[[ TASK INPUTS, beginning ]]

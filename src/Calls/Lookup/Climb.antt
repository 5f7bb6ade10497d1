-- ===== src/Calls/Lookup/Climb.antt =====
-- `_is_strict_supertype_of` of src/java_codebase_rag/graph/build_ast_graph.py.
use jrag.Base.{
  ℕ, zero, suc, true, false, Option, none, some, List, [], ◌∷◌, ◌++◌, ◌≡◌, ◌↔◌, refl, ap, arith,
  Bool-cases, inl, inr, Text, same_text, same_text_refl, same_text_eq, one_of, one_of-append,
  one_of_same,
}
use jrag.Calls.{get, has, EdgeRow, TypeEntry, Tables, targets, direct_supertype_fqns}
use jrag.Calls.Queue.{visits, enough, extend_back}
use jrag.Calls.Queue.Reached.{Reach, extend_back-IsJoin, visits_iff}
use jrag.Calls.Lookup.{of_entry, supertypes, climbs, is_strict_supertype_of}

targets-has :
    (tables : Tables) (src u : Text) (rows : List EdgeRow)
    → one_of u (targets tables src rows) ≡ true
    → has u tables.types ≡ true
unfolding targets one_of
targets-has tables src u [] h = ground arith
targets-has tables src u (r ∷ rows) h = elim (Bool-cases (same_text r.dst_fqn u)) [
  | inl e ↦ ground (
    arith,
    h,
    targets-has tables src u rows,
    ap (λ t. has t tables.types) (same_text_eq r.dst_fqn u e),
  )
  | inr e ↦ ground (arith, h, targets-has tables src u rows)
]

entry-has :
    (tables : Tables) (u : Text) (entry : Option TypeEntry)
    → one_of u (of_entry (direct_supertype_fqns tables) entry) ≡ true
    → has u tables.types ≡ true
unfolding one_of direct_supertype_fqns
entry-has tables u none h = ground arith
entry-has tables u (some e) h =
    let ext = targets tables e.node_id tables.extends_rows in
    let imp = targets tables e.node_id tables.implements_rows in
    ground (
      arith,
      h,
      one_of-append u ext imp,
      targets-has tables e.node_id u tables.extends_rows,
      targets-has tables e.node_id u tables.implements_rows,
    )

supertypes-has :
    (tables : Tables) (t u : Text)
    → one_of u (supertypes tables t) ≡ true
    → has u tables.types ≡ true
unfolding supertypes
supertypes-has tables t u h = entry-has tables u (get t tables.types) h

-- What can be reached by one step at least.
abbrev pub IsAbove : Tables → Text → Text → Type 0
IsAbove tables sub super =
    Reach tables.types (supertypes tables) extend_back extend_back-IsJoin (supertypes tables sub)
      super

climbs-visits :
    (tables : Tables) (super : Text) (fuel : ℕ) (visited queue : List Text)
    → ((t : Text) → one_of t queue ≡ true → has t tables.types ≡ true)
    → one_of super visited ≡ false
    → climbs tables super fuel visited queue
      ≡ one_of super (visits tables.types (supertypes tables) extend_back fuel visited queue)
unfolding climbs visits one_of
climbs-visits tables super zero visited queue h v = refl
climbs-visits tables super (suc fuel) visited [] h v = refl
climbs-visits tables super (suc fuel) visited (t ∷ queue) h v =
    elim (Bool-cases (same_text t super)) [
      | inl e ↦ ground (arith, e, v, one_of_same t super visited e, h t, same_text_refl t)
      | inr e ↦
          let more = queue ++ supertypes tables t in
          let rest : (u : Text) → one_of u more ≡ true → has u tables.types ≡ true = λ u k. ground (
            arith,
            k,
            one_of-append u queue (supertypes tables t),
            h u,
            supertypes-has tables t u,
          ) in
          ground (
            arith,
            e,
            climbs-visits tables super fuel visited queue (λ u k. h u (ground (arith, k))) v,
            climbs-visits tables super fuel (t ∷ visited) more rest (ground (arith, e, v)),
          )
    ]

-- A type is a strict supertype of another exactly if it is another one and can be reached over extends and implements
-- edges, cyclic ones included.
pub is_strict_supertype_of_iff :
    (tables : Tables) (super sub : Text)
    → (is_strict_supertype_of tables super sub ≡ true)
      ↔ ((same_text super sub ≡ false) × IsAbove tables sub super)
unfolding is_strict_supertype_of one_of
is_strict_supertype_of_iff tables super sub =
    let queue = supertypes tables sub in
    let e =
      climbs-visits tables super (enough (supertypes tables) tables.types queue) [] queue
        (λ t. supertypes-has tables sub t) refl in
    let iff =
      visits_iff tables.types (supertypes tables) extend_back extend_back-IsJoin queue super in
    elim (Bool-cases (same_text super sub)) [
      | inl s ↦ (λ h. absurd (ground (arith, h, s)), λ (n, r). absurd (ground (arith, n, s)))
      | inr s ↦ (λ h. (s, iff.0 (ground (arith, h, s, e))), λ (n, r). ground (arith, s, e, iff.1 r))
    ]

[[ TASK INPUTS, end ]]

Take from the listing every line in which the word "IsJoin" appears.

use jrag.Calls.Queue.Reached.{Reach, extend_back-IsJoin, visits_iff}
    Reach tables.types (supertypes tables) extend_back extend_back-IsJoin (supertypes tables sub)
      visits_iff tables.types (supertypes tables) extend_back extend_back-IsJoin queue super in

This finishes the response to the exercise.